De Roos dan Katan (2000) menyebutkan bahwa probiotik kemungkinan mencegah diare karena menghambat pertumbuhan bakteri patogen dengan memproduksi bakteriosin atau dapat berkompetisi dengan patogen untuk berikatan dengan sel epitel. Qin et al. (2005) menemukan bahwa terdapat peningkatan integritas ikatan epitel usus dan mikrofili pada kelompok tikus yang diberi probiotik L. acidophilus. Ikatan kompleks tersebut memungkinkan masih terjadinya difusi paraseluler ion dan solut lainnya tetapi tidak untuk mikroorganisme dan makromolekul yang berpotensi toksik. Penempelan galur

Lactobacillus tertentu pada sel epitel usus dapat menghambat pengikatan patogen enterik secara signifikan melalui eksklusi kompetitif. Penghambatan patogen enterik ini dapat berhubungan dengan induksi ekspresi gen musin usus dan kemampuan bakteri probiotik untuk berikatan dengan mukus dan galur sel kolon manusia (Heyman & Menard 2002).

De Roos dan Katan (2000) juga menyebutkan bahwa probiotik dapat mencegah atau meringankan diare melalui pengaruhnya terhadap sistem imun. Infeksi oleh bakteri menginduksi pembentukan antibodi humoral yang disekresikan oleh plasma darah pada nodus limfe regional dan pada submukosa saluran pernapasan dan pencernaan. Antibodi IgA sekretori spesifik untuk struktur bakteri tertentu dapat memblok penempelan bakteri pada sel epitel mukosa dan merupakan pertahanan inang utama terhadap penempelan bakteri. IgA sekretori berperan penting sebagai fungsi efektor pada permukaan membran, yang merupakan tempat masuk utama organisme patogen. Pengikatan IgA sekretori pada permukaan bakteri dan virus mencegah penempelan patogen pada sel mukosa sehingga mencegah infeksi dan kolonisasi (Goldsby et al. 2007).

Beberapa studi telah menunjukan adanya pengaruh konsumsi probiotik terhadap sistem imun inang. Beberapa jenis bakteri asam laktat seperti L. casei, L. rhamnosus dan L. plantarum dapat meningkatkan imunitas sistemik maupun imunitas mukosa. Bahan pangan yang mengandung bakteri probiotik dapat menstimulasi respon imun immunoglobulin A (IgA) (Galdeano & Perdigon 2006). Link-Amster et al. (2000) di dalam De Roos dan Katan (2002) menemukan bahwa

pada relawan yang divaksinasi Salmonella typhimurium dan mengkonsumsi yogurt yang mengandung B. bifidum dan L. acidophilus terjadi peningkatan konsentrasi IgA dalam serum darahnya. Antibodi IgA terarah untuk melawan antigen O dan K Escherichia coli dan enterotoksin (Hanson 1976).

Bakteri asam laktat mampu menstimulasi sistem imun karena adanya senyawa peptidoglikan dan lipopolisakarida dalam dinding sel. Bakteri asam laktat melakukan kontak dengan sistem imun saluran usus melalui sel M atau sel

folikel epitelium dari Peyer’s patch atau melalui sel epitelial saluran usus halus

atau usus besar. Interaksi antara bakteri asam laktat dengan sel M hanya menstimulasi respon imun spesifik, sedangkan interaksi antara bakteri asam laktat dengan sel folikel epitel menstimulasi respon imun non spesifik atau peradangan meskipun juga dapat meningkatkan respon imun spesifik (Surono 2004).

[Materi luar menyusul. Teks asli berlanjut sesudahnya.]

-- ===== src/Redirect/Tests.antt =====
-- A chain of redirects over header maps that are association lists, and instances of the theorems
-- about redirects. A URL is its text.
use wreq.Base.{
  ℕ, ◌≤◌, ◌≡◌, ◌≢◌, refl, ◌⊎◌, Bool, true, false, ◌&&◌, ◌||◌, not, none, some, List, [], ◌∷◌, any,
  if◌then◌else◌,
}
use wreq.Base.Eq.{◌==◌, nat_eq, list_eq, option_eq, list_beq}
use wreq.Base.Map
use wreq.Base.Map.{get-insert, get-remove}
use wreq.Base.Text.{Text, codes, eq_ignore_ascii_case, to_ascii_lowercase}
use wreq.Uri.{Uri, http, https, scheme_eq, is_http, is_https, port_or_default}
use wreq.Redirect.Crates.{
  HeaderMaps, Urls, Bodies, get, post, Request, HeaderName, authorization, content_type, location,
}
use wreq.Redirect.Referral.{
  Referrer, apply, strict_origin_when_cross_origin, url_same_origin, strip_to_origin_url,
}
use wreq.Redirect.{
  ok, follow, FollowRedirectPolicy, limit, same_origin, redirect, decide, check, record_history,
  for_request, on_request, remove_sensitive_headers,
}
use wreq.Redirect.Sensitive.{sensitive, crosses, on_request-get}
use wreq.Redirect.Layer.{
  body, blank, Redirecting, Response, waiting, ready, take, try_clone_from, into_uri, resolve_uri,
  rewrite, drop_payload_headers, call, send_again, handle_action, on_response, act, find_location,
  attempt, after_rewrite, poll_pending, poll_response, poll,
}
use wreq.Redirect.Hops.{Step, polls, Run}
use wreq.Redirect.Leaving.{run_crosses}
use wreq.Redirect.Limits.{Sends, after, redirect_follows, sends_within_limit}
use wreq.Redirect.Limits
use wreq.Redirect.Disclosing.{Tells, apply_by_default}

abbrev maps : HeaderMaps
maps = record {
  Map = List (HeaderName × (Text × Bool));
  Value = Text × Bool;
  get = Map.get;
  get_all = λ k m. elim (Map.get k m) [ none ↦ [] | some v ↦ v ∷ [] ];
  insert = Map.insert;
  remove = Map.remove;
  as_bytes = λ v. v.0;
  to_str = λ v. some v.0;
  try_from = λ t. some (t, false);
  is_sensitive = λ v. v.1;
  set_sensitive = λ b v. (v.0, b);
  get-insert = get-insert;
  get-remove = get-remove;
}

abbrev here : Uri
here = record {
  scheme = some https;
  host = some (codes "a.example");
  port = none;
  path = codes "/";
}

abbrev there : Uri
there = record {
  scheme = some https;
  host = some (codes "b.example");
  port = none;
  path = codes "/";
}

abbrev urls : Urls
urls = record {
  Url = Text;
  parse = λ t. some t;
  join = λ base t. some t;
  as_str = λ t. t;
  scheme = λ t. codes "https";
  host_str = λ t. some t;
  port_or_known_default = λ t. some 443;
  clear_username = λ t. some t;
  clear_password = λ t. some t;
  clear_path = λ t. t;
  clear_query = λ t. t;
  clear_fragment = λ t. t;
  parse_scheme = λ t. some https;
  parse_uri = λ t. if t == codes "b" then some there else some here;
  show_uri = λ u. [];
  is_utf8 = λ t. true;
}

-- A body is its size.
abbrev bodies : Bodies
bodies = record { Body = ℕ; default = 0; exact_size = λ n. some n; try_clone = λ n. some n }

abbrev value : Text → Text × Bool
value t = (t, false)

abbrev request : Request maps
request = record {
  method = post;
  uri = here;
  headers = (authorization, value (codes "secret")) ∷ (content_type, value (codes "text")) ∷ [];
}

abbrev client : FollowRedirectPolicy maps urls ℕ
client = record { policy = limit 1; referrer = none; uris = []; https_only = true; history = none }

abbrev redirection : Response maps
redirection = record {
  status = 302;
  headers = (location, value (codes "b")) ∷ [];
  request_uri = none;
  history = none;
}

-- All that a chain computes with.
chain : Unit {0}
unfolding Map.get Map.insert Map.remove list_beq any same_origin eq_ignore_ascii_case
    to_ascii_lowercase is_http is_https port_or_default redirect decide check record_history
    for_request on_request remove_sensitive_headers take try_clone_from into_uri resolve_uri rewrite
    drop_payload_headers call send_again handle_action on_response act find_location attempt
    after_rewrite poll_pending poll_response poll apply crosses
chain = tt

abbrev first : Redirecting maps urls bodies ℕ ℕ
first = record {
  sent = (request, 5);
  pending_future = none;
  policy = client;
  request = request;
  body_repr = body 5;
}

called : call maps urls bodies ℕ ℕ client none request 5 ≡ (client, some first)
unfolding chain
called = refl

abbrev redirected_request : Request maps
redirected_request = record { method = get; uri = there; headers = [] }

abbrev second : Redirecting maps urls bodies ℕ ℕ
second = record {
  sent = (redirected_request, 0);
  pending_future = none;
  policy = record client {
    uris = here ∷ [];
    history =
        some (
          record { status = 302; uri = there; previous = here; headers = redirection.headers }
          ∷ []);
  };
  request = redirected_request;
  body_repr = blank;
}

hop : Step first second
hop = polls waiting (ready (ok redirection)) (λ e. cc) (unfold chain in refl)

run_crosses_example : maps.get authorization redirected_request.headers ≡ none
run_crosses_example =
    run_crosses client client none request 5 first first second second authorization called
      Run.start hop Run.start (unfold chain in refl) (unfold chain in refl)

second-ne : second ≢ first
second-ne e = cc

sends_within_limit_example : 1 ≤ 1
sends_within_limit_example =
    sends_within_limit client client none request 5 first second 1 1 refl called refl
      (Limits.sends Limits.start hop second-ne)

on_request-get_example :
    ((on_request maps urls ℕ second.policy (record request { uri = there })).1.uri ≡ there)
    × ((on_request maps urls ℕ second.policy (record request { uri = there })).1.method ≡ post)
    × (maps.get authorization
          (on_request maps urls ℕ second.policy (record request { uri = there })).1.headers
        ≡ (if crosses (here ∷ []) there && any (λ n. n == authorization) sensitive
            then none
            else maps.get authorization request.headers))
on_request-get_example =
    on_request-get maps urls ℕ second.policy (record request { uri = there }) authorization
      (unfold chain in refl)

abbrev plain_uri : Uri
plain_uri = record {
  scheme = some http;
  host = some (codes "b.example");
  port = none;
  path = codes "/";
}

redirect_follows_example :
    ((redirect maps urls ℕ client 302 [] plain_uri here).0.history
      ≡ after maps urls ℕ client
          (record { status = 302; uri = plain_uri; previous = here; headers = [] })
          (redirect maps urls ℕ client 302 [] plain_uri here).1)
    × (((redirect maps urls ℕ client 302 [] plain_uri here).1 ≢ ok follow)
        ⊎ (((is_http plain_uri || is_https plain_uri) ≡ true)
            × ((not client.https_only || is_https plain_uri) ≡ true)))
redirect_follows_example = redirect_follows maps urls ℕ client 302 [] plain_uri here refl

abbrev carried : Referrer urls
carried = record {
  source = some (codes "https://a.example/x");
  policy = strict_origin_when_cross_origin;
}

apply_by_default_example :
    Tells maps urls none request (apply maps urls carried request)
    ⊎ (((url_same_origin urls (codes "https://a.example/x") https here ≡ true)
          × Tells maps urls
              (some (codes "https://a.example/x"))
              request
              (apply maps urls carried request))
        ⊎ ((url_same_origin urls (codes "https://a.example/x") https here ≡ false)
            × ((https == https && (here.scheme == some http)) ≡ false)
            × Tells maps urls
                (some (strip_to_origin_url urls (codes "https://a.example/x")))
                request
                (apply maps urls carried request)))
apply_by_default_example =
    apply_by_default maps urls carried request (codes "https://a.example/x") https refl refl refl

Probiotik selain mempunyai efek modulasi flora normal saluran pencernaan, probiotik juga mampu berperan sebagai modulator sistem imun (Gorbach 2000).

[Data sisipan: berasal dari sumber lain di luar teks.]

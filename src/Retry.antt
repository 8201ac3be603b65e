-- ===== src/Retry.antt =====
-- The retry policy of src/retry.rs and src/client/layer/retry.rs. The `tower` crate calls it: it has a
-- request cloned before the request is sent, asks with the result whether to send the clone, and then
-- has that one cloned in turn.
pub mod Attempts
mod Tests
use wreq.Base.{
  ℕ, ◌+◌, Bool, true, false, ◌&&◌, ◌||◌, not, Option, none, some, leb, ltb, if◌then◌else◌,
}
use wreq.Base.Eq.{◌==◌, nat_eq, option_eq, list_eq}
use wreq.Base.Maybe.{◌>>=◌, ◌>>◌, guard}
use wreq.Base.Text.{Text}
use wreq.Uri.{Uri}

-- An `http2::Error`, by what the policy reads of it.
pub record Http2Error : Type 0 where
  pub is_go_away : Bool
  pub is_reset : Bool
  pub is_remote : Bool
  pub reason : Option ℕ

abbrev pub no_error : ℕ
no_error = 0

abbrev pub refused_stream : ℕ
refused_stream = 7

-- What is outside: the boxed errors with their sources, the bodies, and `TpsBudget`, whose
-- `withdraw` may refuse.
pub record Crates : Type 1 where
  pub Failure : Type 0
  pub source : Failure → Option Failure
  pub downcast_ref : Failure → Option Http2Error
  pub Headers : Type 0
  pub Extensions : Type 0
  pub Body : Type 0
  pub try_clone : Body → Option Body
  pub Budget : Type 0
  pub deposit : Budget → Budget
  pub withdraw : Budget → Budget × Bool

pub record Request (x : Crates) : Type 0 where
  pub method : Text
  pub uri : Uri
  pub version : ℕ
  pub headers : x.Headers
  pub extensions : x.Extensions
  pub body : x.Body

-- The result of a request: the status of a response, or an error.
pub data Answer (x : Crates) : Type 0 where
  status : ℕ → Answer x
  failure : x.Failure → Answer x

pub data Action : Type 0 where
  success retryable : Action

pub data Classifier (x : Crates) : Type 0 where
  never : Classifier x
  protocol_nacks : Classifier x
  dyn : (Request x → Answer x → Action) → Classifier x

pub data Scoped (x : Crates) : Type 0 where
  unscoped : Scoped x
  dyn : (Request x → Bool) → Scoped x

pub record RetryPolicy (x : Crates) : Type 0 where
  pub budget : Option x.Budget
  pub classifier : Classifier x
  pub max_retries_per_request : ℕ
  pub retry_cnt : ℕ
  pub scope : Scoped x

-- `Policy` of src/retry.rs, with its budget as the layer makes it.
pub record Policy (x : Crates) : Type 0 where
  pub budget : Option x.Budget
  pub classifier : Classifier x
  pub max_retries_per_request : ℕ
  pub scope : Scoped x

abbrev pub is_nack : Http2Error → Bool
is_nack e =
    (e.is_go_away && e.is_remote && (e.reason == some no_error))
    || (e.is_reset && e.is_remote && (e.reason == some refused_stream))

module _ (x : Crates) where
  abbrev pub scoped : x.Budget → (Request x → Bool) → Policy x
  scoped default_budget func = record {
    budget = some default_budget;
    classifier = never;
    max_retries_per_request = 2;
    scope = dyn func;
  }

  abbrev pub no_budget : Policy x → Policy x
  no_budget p = record p { budget = none }

  abbrev pub never_policy : x.Budget → Policy x
  never_policy b = no_budget (scoped b (λ req. false))

  abbrev pub for_host : x.Budget → Text → Policy x
  for_host b host = scoped b (λ req. req.uri.host == some host)

  abbrev pub default_policy : Policy x
  default_policy = record {
    budget = none;
    classifier = protocol_nacks;
    max_retries_per_request = 2;
    scope = unscoped;
  }

  unfoldable pub new : Policy x → RetryPolicy x
  new p = record {
    budget = p.budget;
    classifier = p.classifier;
    max_retries_per_request = p.max_retries_per_request;
    retry_cnt = 0;
    scope = p.scope;
  }

  -- The HTTP/2 error is two sources down.
  unfoldable pub is_retryable_error : x.Failure → Bool
  is_retryable_error e = elim (x.source e >>= x.source >>= x.downcast_ref) [
    | none ↦ false
    | some cause ↦ is_nack cause
  ]

  unfoldable pub classify : Classifier x → Request x → Answer x → Action
  classify never req res = success
  classify protocol_nacks req (status s) = success
  classify protocol_nacks req (failure e) = if is_retryable_error e then retryable else success
  classify (dyn f) req res = f req res

  unfoldable pub applies_to : Scoped x → Request x → Bool
  applies_to unscoped req = true
  applies_to (dyn f) req = f req

  -- `retry`: the policy afterwards, and whether to send the clone.
  unfoldable pub act : RetryPolicy x → Action → Option x.Budget → RetryPolicy x × Bool
  act p success none = (p, false)
  act p success (some b) = (record p { budget = some (x.deposit b) }, false)
  act p retryable none = (record p { retry_cnt = p.retry_cnt + 1 }, true)
  act p retryable (some b) =
      let (b', granted) = x.withdraw b in
      if granted
      then (record p { budget = some b'; retry_cnt = p.retry_cnt + 1 }, true)
      else (record p { budget = some b' }, false)

  unfoldable pub retry : RetryPolicy x → Request x → Answer x → RetryPolicy x × Bool
  retry p req res = act p (classify p.classifier req res) p.budget

  unfoldable pub clone_request : RetryPolicy x → Request x → Option (Request x)
  clone_request p req = do
    guard (not (ltb 0 p.retry_cnt && not (applies_to p.scope req)))
    guard (not (leb p.max_retries_per_request p.retry_cnt))
    b ← x.try_clone req.body
    some (record {
      method = req.method;
      uri = req.uri;
      version = req.version;
      headers = req.headers;
      extensions = req.extensions;
      body = b;
    })
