-- ===== src/Retry/Attempts.antt =====
-- How often and why the policy of src/client/layer/retry.rs sends a request again.
use mathlib.Core.Option
use wreq.Base.{
  ℕ, suc, ◌+◌, ◌≤◌, ◌<◌, ◌≡◌, refl, ap, sym, ◌∙◌, ◌⊎◌, inl, inr, Bool, true, false, Option, none,
  some, arith, Option-cases, Bool-cases, if◌then◌else◌,
}
use wreq.Base.Eq.{eq_iff, nat_eq, option_eq}
use wreq.Base.Maybe.{◌>>=◌}
use wreq.Retry.{
  Crates, Http2Error, Request, Answer, status, failure, Action, success, retryable, Policy,
  RetryPolicy, default_policy, new, is_nack, is_retryable_error, classify, applies_to, retry, act,
  clone_request, no_error, refused_stream,
}

module _ (x : Crates) where
  -- A request is cloned only below the maximum, and again only in the policy's scope. The clone has
  -- the request's method, URI, version, headers and extensions, and a clone of its body.
  clone_request-some :
      (p : RetryPolicy x) (req sent : Request x)
      → clone_request x p req ≡ some sent
      → (p.retry_cnt < p.max_retries_per_request)
        × ((p.retry_cnt ≡ 0) ⊎ (applies_to x p.scope req ≡ true))
        × (x.try_clone req.body ≡ some sent.body)
        × (record sent { body = req.body } ≡ req)
  unfolding clone_request
  clone_request-some p req sent h = (ground arith, ground arith, ground arith, ground arith)

  -- Whether the budget grants a retry.
  abbrev pub granted : Option x.Budget → Bool
  granted none = true
  granted (some b) = (x.withdraw b).1

  -- What `retry` does with an action.
  abbrev pub Acted : RetryPolicy x → Action → Option x.Budget → RetryPolicy x × Bool → Type 0
  Acted p a budget (q, again) =
      (q.retry_cnt ≡ (if again then p.retry_cnt + 1 else p.retry_cnt))
      × (q.max_retries_per_request ≡ p.max_retries_per_request)
      × (((a ≡ success) × (again ≡ false) × (q.budget ≡ Option.map x.deposit budget))
          ⊎ ((a ≡ retryable)
              × (again ≡ granted budget)
              × (q.budget ≡ Option.map (λ b. (x.withdraw b).0) budget)))

  act-Acted :
      (p : RetryPolicy x) (a : Action) (budget : Option x.Budget)
      → p.budget ≡ budget
      → Acted p a budget (act x p a budget)
  unfolding act
  act-Acted p success none e = (refl, refl, inl (refl, refl, e))
  act-Acted p success (some b) e = (refl, refl, inl (refl, refl, refl))
  act-Acted p retryable none e = (refl, refl, inr (refl, refl, e))
  act-Acted p retryable (some b) e = elim (Bool-cases (x.withdraw b).1) [
    | inl g ↦ rw g (refl, refl, inr (refl, refl, refl))
    | inr g ↦ rw g (refl, refl, inr (refl, refl, refl))
  ]

  -- A request is sent again exactly where its result is classified as retryable and the budget, if
  -- there is one, grants a withdrawal. That alone counts as a retry; a deposit is made exactly for a
  -- result that is not retryable.
  retry-Acted :
      (p : RetryPolicy x) (req : Request x) (res : Answer x)
      → Acted p (classify x p.classifier req res) p.budget (retry x p req res)
  unfolding retry
  retry-Acted p req res = act-Acted p (classify x p.classifier req res) p.budget refl

  -- The calls for one request: each time it is cloned, and its result has the clone sent.
  pub data Retries (p : RetryPolicy x) : ℕ → RetryPolicy x → Type 0 where
    start : Retries p 0 p
    again :
        {n : ℕ} {q r : RetryPolicy x} (req sent : Request x) (res : Answer x)
        → Retries p n q
        → clone_request x q req ≡ some sent
        → retry x q req res ≡ (r, true)
        → Retries p (suc n) r

  -- The state after `n` retries of a request.
  abbrev IsCounted : ℕ → ℕ → RetryPolicy x → Type 0
  IsCounted max n q = (q.max_retries_per_request ≡ max) × (q.retry_cnt ≡ n) × (n ≤ max)

  Retries-IsCounted :
      (p : RetryPolicy x)
      → p.retry_cnt ≡ 0
      → (n : ℕ) (q : RetryPolicy x) → Retries p n q
      → IsCounted p.max_retries_per_request n q
  Retries-IsCounted p zero_cnt n q start = (refl, zero_cnt, ground arith)
  Retries-IsCounted p zero_cnt n r (again {n = k} {q = q} req sent res before cloned sends) =
      let (max, cnt, within) = Retries-IsCounted p zero_cnt k q before in
      let (below, _, _, _) = clone_request-some q req sent cloned in
      let (cnt', max', _) = retry-Acted q req res in
      let more : (retry x q req res).0.retry_cnt ≡ q.retry_cnt + 1 =
        rw (ap (λ a. a.1) sends) at cnt' in
      let one_more : k + 1 ≡ suc k = omega arith in
      let to : (retry x q req res).0 ≡ r = ap (λ a. a.0) sends in
      (
        ap (λ a. a.max_retries_per_request) (sym to) ∙ max' ∙ max,
        ap (λ a. a.retry_cnt) (sym to) ∙ more ∙ ap (λ a. a + 1) cnt ∙ one_more,
        omega (arith, below, cnt, max),
      )

  -- A request is sent again at most as often as its policy says, whatever the results are.
  pub Retries-within_max :
      (policy : Policy x) (n : ℕ) (q : RetryPolicy x)
      → Retries (new x policy) n q
      → n ≤ policy.max_retries_per_request
  unfolding new
  Retries-within_max policy n q r = (Retries-IsCounted (new x policy) refl n q r).2

  -- The default policy sends a request again only after an error that has an HTTP/2 error of the
  -- remote two sources down: a graceful `GOAWAY`, or a stream that was refused.
  default_policy-nack :
      (req : Request x) (res : Answer x)
      → (retry x (new x (default_policy x)) req res).1 ≡ true
      → (e : x.Failure) × (cause : Http2Error) × (res ≡ failure e)
        × ((x.source e >>= x.source >>= x.downcast_ref) ≡ some cause)
        × (cause.is_remote ≡ true)
        × (((cause.is_go_away ≡ true) × (cause.reason ≡ some no_error))
            ⊎ ((cause.is_reset ≡ true) × (cause.reason ≡ some refused_stream)))
  unfolding retry act classify new is_retryable_error
  default_policy-nack req (status s) h = cc
  default_policy-nack req (failure e) h =
      let nacks : is_retryable_error x e ≡ true = ground arith in
      elim (Option-cases (x.source e >>= x.source >>= x.downcast_ref)) [
        | inl absent ↦ cc (rw (absent, is_retryable_error) at nacks)
        | inr (cause, found) ↦
            let nack : is_nack cause ≡ true = rw (found, is_retryable_error) at nacks in
            (
              e,
              cause,
              refl,
              found,
              ground arith,
              ground (
                arith,
                eq_iff cause.reason (some no_error),
                eq_iff cause.reason (some refused_stream),
              ),
            )
      ]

Lactobacilli meningkatkan fungsi imunitas seluler dan humoral (Vanderhoof 2001). Bakteri ini mampu menstimulasi sistem imun antara lain meningkatkan fungsi fagositosis makrofag, sel natural killer (NK), monosit dan netrofil.

Lactobacillus GG mampu merangsang sekresi IgM setelah vaksinasi rotavirus dan meningkatkan produksi IgA dengan hasil akhir meningkatkan produksi imunoglobulin (Walker 2000).